Statistical analysis was performed with the SPSS 11.0 program (Lead Technologies, Inc, Charlotte, NC). Differences in proportions were assessed with the chi-square test. Survival analysis was performed with the Kaplan-Meier method, and univariable analysis was performed with the Cox regression model. This study was conducted in accordance with the Declaration of Helsinki.
Results
One hundred seventeen of 122 patients underwent repeated systematic biopsy after cryoablation. The remaining 5 patients were followed up in their home provinces. One-, 2- and 5-year freedom from local recurrence was 95%, 90% and 73%, respectively. Overall, 27 patients (23.1%) had biopsies positive for prostate cancer, with a median of 1 core positive (range 1–3). Gleason score distribution was 27.3% Gleason ≤6, 72.7% Gleason ≥7. The location of cancers after cryoablation is shown in Table 1. The location of cancers before and after cryoablation is compared in Table 2. Before cryoablation, cancer was quite evenly distributed throughout the base (36.7%), mid (26.6%) and apex (33.3%) of the prostate. In contrast, most of the cancer recurrences after cryoablation were at the apex (51.5%), base (21.2%) and seminal vesicles (18.2%). The presence of cancer at the base was predictive of biochemical failure, with a hazard ratio of 0.376 (p = 0.014) (Table 3). The overall presence of cancer on biopsy, Gleason score and the presence of cancer at the mid, apex and seminal vesicles did not correlate with biochemical failure. Overall mean biochemical recurrence-free survival was 43 months, and the 5-year biochemical recurrence-free survival was 28%. The small group of patients with positive biopsies at the base had a 5-year survival of 0% and a mean biochemical recurrence-free survival of only 20 months. This difference in survival is demonstrated graphically by plotting the Kaplan-Meier curves (Fig. 1).
Table 1.
Distribution of cancer in post-cryoablation biopsies
| Location | Number |
|---|---|
| Base only | 3 |
| Base + mid | 1 |
| Base + apex | 3 |
| Apex only | 11 |
| Apex + mid | 1 |
| Apex + seminal vesicles | 1 |
| Apex + TURP specimen | 1 |
| Mid only | 1 |
| Seminal vesicles | 5 |
| Total | 27 |
TURP = transurethral resection of the prostate.
Table 2.
Location of cancer on biopsy
| Location of positive biopsies | Total | |||||
|---|---|---|---|---|---|---|
| Base | Mid | Apex | Seminal vesicle | |||
| No. of positive biopsies | Pre-cryoablation | 76 (36.7%) | 55 (26.6%) | 69 (33.3%) | 7 (3.4%) | 207 (100%) |
| Post-cryoablation | 7 (21.2%) | 3 (9.1%) | 17 (51.5%) | 6 (18.2%) | 33 (100%) | |
Table 3.
Univariable analysis of prognostic factors for biochemical failure
| p value | HR (95% CI) | |
|---|---|---|
| Cancer at biopsy | 0.069 | 0.617 (0.366–1.038) |
| Gleason score | 0.553 | 0.708 (0.226–2.213) |
| Number of positive cores | 0.077 | 1.698 (0.944–3.054) |
| Cancer at base | 0.014 | 0.376 (0.172–0.824) |
| Cancer at mid | 0.065 | 0.329 (0.101–1.072) |
| Cancer at apex | 0.227 | 0.680 (0.364–1.271) |
| Cancer at seminal vesicle | 0.677 | 1.279 (0.401–4.080) |
CI: confidence interval.
Fig. 1.
Impact of positive biopsy at base on freedom from biochemical failure (p = 0.0109).
Discussion
Salvage cryoablation of the prostate is a locally curative option for patients with organ confined recurrence after radiotherapy; it is not intended to treat extra-prostatic disease.

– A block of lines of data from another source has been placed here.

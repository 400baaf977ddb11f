-- ===== src/Ecg.antt =====
-- ossa-core/src/store/ecg.rs: the eventual consistency graph of headers. Sets and maps are the ordered
-- ones of the standard library; depths are `u64` and wrap around, as in a release build.
pub mod StableDag
pub mod WellFormed
pub mod Preserve
pub mod ListDag
pub mod InsertNode
pub mod Insert
pub mod InsertAll
pub mod Ancestor
pub mod Acyclic
pub mod Parents
pub mod V0
mod Tests
use ossa.Prelude.{
  ℕ, zero, suc, ◌+◌, ◌-◌, ◌^◌, ◌%◌, min, Bool, true, false, not, Option, none, some, List, [], ◌∷◌,
  ◌++◌, map, length, ◌==◌, if◌then◌else◌, Ord, contains, set_insert, set_remove, get, insert,
  nat_ord,
}
use ossa.Ecg.StableDag.{Dag}

-- trait `ECGHeader`
pub record EcgHeader (HeaderId Header : Type 0) : Type 0 where
  pub get_parent_ids : Header → List HeaderId
  pub get_header_id : Header → HeaderId
  pub validate_header : Header → HeaderId → Bool

pub record NodeInfo (Header : Type 0) : Type 0 where
  pub graph_index : ℕ
  pub depth : ℕ
  pub header : Header
  pub operations : List ℕ  -- serialized

-- `try_collect` of an iterator of options
unfoldable pub try_collect {ℓ} : {A : Type ℓ} → List (Option A) → Option (List A)
try_collect [] = some []
try_collect (none ∷ os) = none
try_collect (some a ∷ os) = elim (try_collect os) [ none ↦ none | some as' ↦ some (a ∷ as') ]

abbrev pub bind {ℓ κ} : {A : Type ℓ} {B : Type κ} → Option A → (A → Option B) → Option B
bind none f = none
bind (some a) f = f a

unfoldable pub remove_all :
    {HeaderId : Type 0} ⦃o : Ord HeaderId⦄ → List HeaderId → List HeaderId → List HeaderId
remove_all [] tips = tips
remove_all (p ∷ ps) tips = remove_all ps (set_remove p tips)

-- `UntypedState` (and `State`, which wraps it)
pub record State {HeaderId : Type 0} (Header : Type 0) (dag : Dag HeaderId) : Type 0 where
  pub dependency_graph : dag.Graph
  pub root_nodes : List HeaderId
  pub node_info_map : List (HeaderId × NodeInfo Header)
  pub tips : List HeaderId

unfoldable pub new : {HeaderId : Type 0} (Header : Type 0) (dag : Dag HeaderId) → State Header dag
new Header dag = record {
  dependency_graph = dag.empty;
  root_nodes = [];
  node_info_map = [];
  tips = [];
}

-- One round of the loop of `is_ancestor_of`: the parents not seen before are marked and queued.
unfoldable pub visit_parents : List ℕ → List ℕ → List ℕ → List ℕ × List ℕ
visit_parents queue visited [] = (queue, visited)
visit_parents queue visited (p ∷ ps) =
    if contains p visited
    then visit_parents queue visited ps
    else visit_parents (queue ++ p ∷ []) (set_insert p visited) ps

module _ {HeaderId Header : Type 0} ⦃o : Ord HeaderId⦄ {dag : Dag HeaderId} where
  -- the entry of a header
  abbrev pub get_node : State Header dag → HeaderId → Option (NodeInfo Header)
  get_node st h = get h st.node_info_map

  unfoldable pub knows : State Header dag → HeaderId → Bool
  knows st h = elim (get_node st h) [ some _ ↦ true | none ↦ false ]

  unfoldable pub get_parents : State Header dag → HeaderId → Option (List HeaderId)
  get_parents st h = bind (get_node st h) λ info.
      try_collect (
        map (dag.node_weight st.dependency_graph)
          (dag.parents st.dependency_graph info.graph_index))

  -- the depth and the id of the header at an index
  unfoldable pub depth_at : State Header dag → ℕ → Option (ℕ × HeaderId)
  depth_at st idx =
      bind (dag.node_weight st.dependency_graph idx)
        λ id. bind (get_node st id) λ i. some (i.depth, id)

  unfoldable pub get_parents_with_depth : State Header dag → HeaderId → Option (List (ℕ × HeaderId))
  unfolding depth_at
  get_parents_with_depth st h =
      bind (get_node st h)
        λ info. try_collect (map (depth_at st) (dag.parents st.dependency_graph info.graph_index))

  unfoldable pub get_children_with_depth :
      State Header dag → HeaderId → Option (List (ℕ × HeaderId))
  unfolding depth_at
  get_children_with_depth st h =
      bind (get_node st h)
        λ info. try_collect (map (depth_at st) (dag.children st.dependency_graph info.graph_index))

  unfoldable pub get_header_depth : State Header dag → HeaderId → Option ℕ
  get_header_depth st h = bind (get_node st h) λ i. some i.depth

  unfoldable pub get_header : State Header dag → HeaderId → Option Header
  get_header st h = bind (get_node st h) λ i. some i.header

  unfoldable pub is_root_node : State Header dag → HeaderId → Bool
  is_root_node st h = contains h st.root_nodes

  unfoldable pub get_root_nodes_with_depth : State Header dag → List (ℕ × HeaderId)
  get_root_nodes_with_depth st = map (λ h. (1, h)) st.root_nodes

  -- The indices of some parents and the least of their depths, below a first bound; `none` where one
  -- is not known.
  unfoldable pub find_parents : State Header dag → ℕ → List HeaderId → Option (List ℕ × ℕ)
  find_parents st depth [] = some ([], depth)
  find_parents st depth (p ∷ ps) =
      bind (get_node st p) λ i.
        bind (find_parents st (min depth i.depth) ps) λ (idxs, d). some (i.graph_index ∷ idxs, d)

  -- The end of `insert_header`: the node, its entry, its edges.
  unfoldable pub insert_node :
      State Header dag → HeaderId → Header → List ℕ → List ℕ → ℕ → State Header dag × Bool
  insert_node st header_id header operations parent_idxs depth =
      let (graph, graph_index) = dag.add_node st.dependency_graph header_id in
      let info : NodeInfo Header = record {
        graph_index = graph_index;
        depth = depth;
        header = header;
        operations = operations;
      } in
      let inserted = insert header_id info st.node_info_map in
      elim (get_node st header_id) [
        | some _ ↦ (record st { dependency_graph = graph }, false)
        | none ↦ elim (dag.add_edges graph (map (λ p. (p, graph_index)) parent_idxs)) [
          | none ↦ (record st { dependency_graph = graph; node_info_map = inserted }, false)
          | some graph' ↦ (record st { dependency_graph = graph'; node_info_map = inserted }, true)
        ]
      ]

  -- A header that is valid and new.
  unfoldable pub insert_new :
      State Header dag → HeaderId → Header → List HeaderId → List ℕ → State Header dag × Bool
  unfolding insert_node find_parents remove_all
  insert_new st header_id header [] operations =
      if contains header_id st.root_nodes
      then (st, false)
      else insert_node
          (record st {
            root_nodes = set_insert header_id st.root_nodes;
            tips = set_insert header_id st.tips;
          })
          header_id header operations [] 1
  insert_new st header_id header (p ∷ ps) operations =
      elim (find_parents st (2 ^ 64 - 1) (p ∷ ps)) [
        | none ↦ (st, false)
        | some (parent_idxs, depth) ↦
            insert_node (record st { tips = set_insert header_id (remove_all (p ∷ ps) st.tips) })
              header_id header operations parent_idxs ((depth + 1) % 2 ^ 64)
      ]

  unfoldable pub insert_header :
      EcgHeader HeaderId Header → State Header dag → Header → List ℕ → State Header dag × Bool
  unfolding insert_new knows
  insert_header ecg st header operations =
      let header_id = ecg.get_header_id header in
      if not (ecg.validate_header header header_id)
      then (st, false)
      else if knows st header_id
      then (st, false)
      else insert_new st header_id header (ecg.get_parent_ids header) operations

  unfoldable pub search_ancestor : ℕ → State Header dag → ℕ → List ℕ → List ℕ → Option Bool
  unfolding visit_parents
  search_ancestor zero st anid queue visited = none
  search_ancestor (suc fuel) st anid [] visited = some false
  search_ancestor (suc fuel) st anid (nid ∷ queue) visited =
      let (queue', visited') = visit_parents queue visited (dag.parents st.dependency_graph nid) in
      let rest = search_ancestor fuel st anid queue' visited' in
      if nid == anid then some true else rest

  -- `is_ancestor_of`. The loop gets a round for each header, and one more; it never needs more.
  unfoldable pub is_ancestor_of : State Header dag → HeaderId → HeaderId → Option Bool
  unfolding search_ancestor
  is_ancestor_of st ancestor descendent = bind (get_node st ancestor) λ a.
      bind (get_node st descendent) λ d.
        search_ancestor (length st.node_info_map + 1) st a.graph_index (d.graph_index ∷ [])
          (d.graph_index ∷ [])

The long-term efficacy of salvage cryoablation has not been fully documented. The procedure is mainly performed in a limited number of centres in North America and survival data is scanty. Some centres have reported encouraging short term data, with biochemical recurrence-free survival up to 74% at 2 years.6 In the intermediate term, however, a positive biopsy rate of 21%,7 and a 5-year disease-free survival of 40% to 55% and 5-year disease specific survival of 79% has been reported.8,9
Careful selection of patients is important for good outcomes. Patients with low pre-cryoablation PSA, Gleason score and clinical stage have superior disease-free survival.2,8 For the purpose of reporting outcomes, we have adopted the Phoenix definition of biochemical failure,10 as there is no standard definition for biochemical failure after salvage cryoablation, due to the lack of large data sets with salvage cryoablation. Our updated analysis confirms our previous findings that patients with low pre-cryoablation PSA have improved biochemical recurrence-free survival.2,3 For patients with pre-cryoablation PSA <4 ng/mL, the 5-year biochemical recurrence-free survival was 56%, compared with patients with PSA >10 ng/mL, where the 5-year biochemical recurrence-free survival was only 14%.3
Because our patients underwent a protocol of regular biopsy after cryoablation, we have been able to evaluate the efficacy of our method of cryoablation by analyzing the pathological outcomes. Previously, we reported that 42% of patients had evidence of residual viable prostate glandular tissue on repeat biopsy.11 Similarly, Izawa and colleagues reported that complete ablation of the prostate gland and tumour was difficult to achieve with salvage cryoablation, however, the finding of atypical or normal epithelial tissue in biopsy specimens after salvage cryoablation was not predictive of biochemical failure.12 In this study, we focused on the pattern of cancer persistence or recurrence after salvage cryoablation. We found a positive biopsy rate of 23.1%, and a distribution of recurrent cancer mostly at the apex, base and seminal vesicles. Similarly, in a series of patients who underwent primary cryoablation of the prostate, Shinohara and colleagues found that most of the recurrences occurred in the apex and seminal vesicles.13 In a small series of patients who underwent cryoablation followed by radical prostatectomy, Pisters and colleagues found persistent viable areas posterolateral in the prostatic base, which required modification of the probe position for subsequent patients.14 We postulate that a major factor for recurrent cancer is the relatively conservative freezing in areas of the prostate where vital structures need to be preserved. To avoid damage to the external urethral sphincter, the surgeon tends to limit the extent of the iceball near this structure at the apex and consequently the apex is a common site of recurrent cancer (51.5% in our series). To avoid urethro-rectal fistula formation, the surgeon usually stops the freezing process once the edge of the iceball reaches the muscularis propria of the rectum. Hence the tips of the seminal vesicles, which are in close proximity to the rectum and which may be outside the limit of the spherical iceballs, are often inadequately ablated, leading to recurrent cancer in that area. Likewise, the finding of recurrent cancer at the base may be explained by suboptimal tissue ablation at the edges of the iceball. Other reasons for failure include the presence of extra-prostatic disease which was not visible on the imaging modalities available between 1995 and 2001. The presence of positive biopsies at the base may also be indicative of seminal vesicle involvement.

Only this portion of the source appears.